Edna Hughes

Personal information
- Born: 1 August 1916 Walsall, England
- Died: 17 November 1990 (aged 74) Borth, Wales

Sport
- Sport: Swimming
- Strokes: Freestyle
- Club: Walsall SC

Medal record
Women's swimming
Representing Great Britain
Olympic Games
| Bronze medal – third place | 1932 Los Angeles | 4×100 m freestyle |
European Championships (LC)
| Bronze medal – third place | 1934 Magdeburg | 4×100 m freestyle |
Representing England
British Empire Games
| Silver medal – second place | 1934 London | 3×110 yd medley |
| Bronze medal – third place | 1934 London | 4×100 yd freestyle |
| Bronze medal – third place | 1938 Sydney | 4×110 yd freestyle |

= Edna Hughes =

English competition swimmer

Edna Tildesley Hughes (1 August 1916 – 17 November 1990), later known by her married name Edna Redwood, was an English competition swimmer who represented Great Britain in the 1932 Summer Olympics and 1936 Summer Olympics.

== Biography ==
She was born in Walsall and died in Ceredigion in Wales.

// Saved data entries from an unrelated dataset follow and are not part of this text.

-- ===== src/History/Strokes.antt =====
-- Undo and redo of strokes (domain/file/storage/storage.rs).
use thaum_painter.Base.{false, Option, some, List, [], ◌∷◌, map, ◌≡◌, refl, sym, ◌∙◌, ap}
use thaum_painter.Base.Text.{Text, text_Eq}
use thaum_painter.Base.Map.{get, insert}
use thaum_painter.Cell.{CellPoint, Renderer, Canvas, point_Eq}
use thaum_painter.History.{
  SharedCellPatch, inverse, cell_patch_set, SharedDocumentActionRecord as Record,
  AppliedCellPatches, HistoryRuntime, stack, with_stack, push, canvas_at,
}
use thaum_painter.History.Patches.{PatchDirection, apply_patches}
use thaum_painter.History.Apply.{
  apply_action_record, apply_action, apply_patch_set, record_stroke, push_history_record,
}
use thaum_painter.History.Painted.{patch_target, paint, repaint, unblank_raster_block}
use thaum_painter.History.Undo.{undo_top_action, redo_top_action}
use thaum_painter.History.Canvases.{StartFrom, undone_cell, rewritten_cell}
use thaum_painter.History.Stacks.{
  get-insert_same, stack-with_stack, stack-insert, canvas_at-repaint, canvas_at-paint, undo_known,
  redo_known,
}

module _ {R : Renderer} {Value : Type 0} where
  -- What a stroke leaves.
  abbrev stroke_of :
      HistoryRuntime R Value → Record Value → Text → List SharedCellPatch → HistoryRuntime R Value
  stroke_of r entry b patches =
      push_history_record
        (record_stroke (paint r entry.layer_id b patches) entry.layer_id entry.action_id
          (record { layer_id = entry.layer_id; block_id = b; patches = patches }))
        entry

  stroke_lem :
      (r : HistoryRuntime R Value) (entry : Record Value) (b : Text) (patch : SharedCellPatch)
      (patches : List SharedCellPatch) (reverts : Option Text)
      → entry.action ≡ cell_patch_set (patch ∷ patches) (some b) false reverts
      → apply_action_record r entry ≡ stroke_of r entry b (patch ∷ patches)
  unfolding apply_action_record apply_action patch_target apply_patch_set
  stroke_lem r entry b patch patches reverts h = rw h refl

  canvas_at-stroke_of :
      (r : HistoryRuntime R Value) (entry : Record Value) (b : Text)
      (patches : List SharedCellPatch)
      → canvas_at (stroke_of r entry b patches).document entry.layer_id b
        ≡ apply_patches
            (canvas_at (unblank_raster_block r.document entry.layer_id b) entry.layer_id b)
            patches
            PatchDirection.after
  unfolding push_history_record record_stroke
  canvas_at-stroke_of r entry b patches = canvas_at-paint r entry.layer_id b patches

  -- The state that an undo of a stroke leaves.
  abbrev undone_of :
      HistoryRuntime R Value → Record Value → Text → List SharedCellPatch → HistoryRuntime R Value
  undone_of r entry b patches =
      let s : HistoryRuntime R Value = stroke_of r entry b patches in
      record s {
        document =
            repaint s.document
              (record { layer_id = entry.layer_id; block_id = b; patches = patches })
              PatchDirection.before;
        applied_action_ids_by_layer =
            insert entry.layer_id (stack entry.layer_id r.applied_action_ids_by_layer)
              s.applied_action_ids_by_layer;
        undone_action_ids_by_layer =
            with_stack entry.layer_id (push entry.action_id) s.undone_action_ids_by_layer;
      }

  undo_stroke :
      (r : HistoryRuntime R Value) (entry : Record Value) (b : Text)
      (patches : List SharedCellPatch)
      → undo_top_action (stroke_of r entry b patches) entry.layer_id ≡ (
        undone_of r entry b patches,
        some (record { block_id = b; patches = map inverse patches; action_id = entry.action_id }),
      )
  unfolding push_history_record record_stroke with_stack paint
  undo_stroke r entry b patches =
      let applied : AppliedCellPatches = record {
        layer_id = entry.layer_id;
        block_id = b;
        patches = patches;
      } in
      undo_known (stroke_of r entry b patches) entry.layer_id entry.action_id
        (stack entry.layer_id r.applied_action_ids_by_layer) applied
        (get-insert_same entry.layer_id
          (push entry.action_id (stack entry.layer_id r.applied_action_ids_by_layer))
          r.applied_action_ids_by_layer)
        (get-insert_same entry.action_id applied r.patches_by_action_id)

  -- Undoing the record of a stroke, whose patches start from the canvas of its bar made content, gives
  -- every cell of that canvas back and the stack of the layer as it was, with the stroke as the only
  -- undone action; the patches returned are the stroke's turned around.
  pub undo_top_action-apply_action_record :
      (r : HistoryRuntime R Value) (entry : Record Value) (b : Text) (patch : SharedCellPatch)
      (patches : List SharedCellPatch) (reverts : Option Text) (q : CellPoint)
      → entry.action ≡ cell_patch_set (patch ∷ patches) (some b) false reverts
      → StartFrom
          (canvas_at (unblank_raster_block r.document entry.layer_id b) entry.layer_id b)
          (patch ∷ patches)
      → let after = undo_top_action (apply_action_record r entry) entry.layer_id in
        (get q (canvas_at after.0.document entry.layer_id b)
          ≡ get q (canvas_at (unblank_raster_block r.document entry.layer_id b) entry.layer_id b))
        × (stack entry.layer_id after.0.applied_action_ids_by_layer
            ≡ stack entry.layer_id r.applied_action_ids_by_layer)
        × (stack entry.layer_id after.0.undone_action_ids_by_layer ≡ entry.action_id ∷ [])
        × (after.1
            ≡ some (record {
              block_id = b;
              patches = map inverse (patch ∷ patches);
              action_id = entry.action_id;
            }))
  unfolding push_history_record record_stroke paint
  undo_top_action-apply_action_record r entry b patch patches reverts q action start =
      let l = entry.layer_id in
      let ps = patch ∷ patches in
      let s : HistoryRuntime R Value = stroke_of r entry b ps in
      let applied : AppliedCellPatches = record { layer_id = l; block_id = b; patches = ps } in
      rw (stroke_lem r entry b patch patches reverts action, undo_stroke r entry b ps)
        (
          ap (get q) (
                canvas_at-repaint s.document applied PatchDirection.before
                ∙ rw (canvas_at-stroke_of r entry b ps) refl)
              ∙ undone_cell q ps (canvas_at (unblank_raster_block r.document l b) l b) start,
          stack-insert l (stack l r.applied_action_ids_by_layer) s.applied_action_ids_by_layer,
          stack-with_stack l (push entry.action_id) s.undone_action_ids_by_layer
              ∙ ap (push entry.action_id)
                  (stack-with_stack l (λ ids. []) r.undone_action_ids_by_layer),
          refl,
        )

  redo_stroke :
      (r : HistoryRuntime R Value) (entry : Record Value) (b : Text)
      (patches : List SharedCellPatch)
      → let u = undone_of r entry b patches in
        redo_top_action u entry.layer_id ≡ (
          record u {
            document =
                repaint u.document
                  (record { layer_id = entry.layer_id; block_id = b; patches = patches })
                  PatchDirection.after;
            undone_action_ids_by_layer = insert entry.layer_id [] u.undone_action_ids_by_layer;
            applied_action_ids_by_layer =
                with_stack entry.layer_id (push entry.action_id) u.applied_action_ids_by_layer;
          },
          some (record { block_id = b; patches = patches; action_id = entry.action_id }),
        )
  unfolding push_history_record record_stroke with_stack paint
  redo_stroke r entry b patches =
      let l = entry.layer_id in
      let s : HistoryRuntime R Value = stroke_of r entry b patches in
      let applied : AppliedCellPatches = record { layer_id = l; block_id = b; patches = patches } in
      redo_known (undone_of r entry b patches) l entry.action_id [] applied
        (get-insert_same l (push entry.action_id (stack l s.undone_action_ids_by_layer))
            s.undone_action_ids_by_layer
          ∙ ap (λ ids. some (push entry.action_id ids))
              (stack-with_stack l (λ ids. []) r.undone_action_ids_by_layer))
        (get-insert_same entry.action_id applied r.patches_by_action_id)

  redone_cell :
      (r : HistoryRuntime R Value) (entry : Record Value) (b : Text)
      (patches : List SharedCellPatch) (q : CellPoint)
      → get q (
          canvas_at
            (repaint
              (undone_of r entry b patches).document
              (record { layer_id = entry.layer_id; block_id = b; patches = patches })
              PatchDirection.after)
            entry.layer_id
            b)
        ≡ get q (canvas_at (stroke_of r entry b patches).document entry.layer_id b)
  redone_cell r entry b patches q =
      let l = entry.layer_id in
      let s : HistoryRuntime R Value = stroke_of r entry b patches in
      let u : HistoryRuntime R Value = undone_of r entry b patches in
      let c : Canvas R = canvas_at (unblank_raster_block r.document l b) l b in
      let applied : AppliedCellPatches = record { layer_id = l; block_id = b; patches = patches } in
      rw
        (
          canvas_at-repaint u.document applied PatchDirection.after,
          canvas_at-repaint s.document applied PatchDirection.before,
          canvas_at-stroke_of r entry b patches,
        )
        (rewritten_cell PatchDirection.before q patches
            (apply_patches c patches PatchDirection.after)
          ∙ rewritten_cell PatchDirection.after q patches c)

  -- Redoing an undone stroke gives every cell of its canvas and the stacks of the layer as the stroke
  -- left them, whatever its patches started from; the patches returned are the stroke's.
  pub redo_top_action-undo_top_action :
      (r : HistoryRuntime R Value) (entry : Record Value) (b : Text) (patch : SharedCellPatch)
      (patches : List SharedCellPatch) (reverts : Option Text) (q : CellPoint)
      → entry.action ≡ cell_patch_set (patch ∷ patches) (some b) false reverts
      → let done = apply_action_record r entry in
        let after = redo_top_action (undo_top_action done entry.layer_id).0 entry.layer_id in
        (get q (canvas_at after.0.document entry.layer_id b)
          ≡ get q (canvas_at done.document entry.layer_id b))
        × (stack entry.layer_id after.0.applied_action_ids_by_layer
            ≡ stack entry.layer_id done.applied_action_ids_by_layer)
        × (stack entry.layer_id after.0.undone_action_ids_by_layer ≡ [])
        × (after.1
            ≡ some
                (record { block_id = b; patches = patch ∷ patches; action_id = entry.action_id }))
  unfolding push_history_record record_stroke paint
  redo_top_action-undo_top_action r entry b patch patches reverts q action =
      let l = entry.layer_id in
      let ps = patch ∷ patches in
      let s : HistoryRuntime R Value = stroke_of r entry b ps in
      let u : HistoryRuntime R Value = undone_of r entry b ps in
      rw
        (
          stroke_lem r entry b patch patches reverts action,
          undo_stroke r entry b ps,
          redo_stroke r entry b ps,
        )
        (
          redone_cell r entry b ps q,
          stack-with_stack l (push entry.action_id) u.applied_action_ids_by_layer
              ∙ ap (push entry.action_id) (
                  stack-insert l (stack l r.applied_action_ids_by_layer)
                    s.applied_action_ids_by_layer)
              ∙ sym (stack-with_stack l (push entry.action_id) r.applied_action_ids_by_layer),
          stack-insert l [] u.undone_action_ids_by_layer,
          refl,
        )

In the 1932 Olympics she won bronze medal in the 4×100 m freestyle relay event. She was also fourth in her first round heat of 100 m freestyle event and did not advance. Four years later she was sixth in the 4×100 m freestyle relay event.

At the 1938 British Empire Games in Sydney, Australia, she won a bronze medal in the 4×110 yd freestyle relay.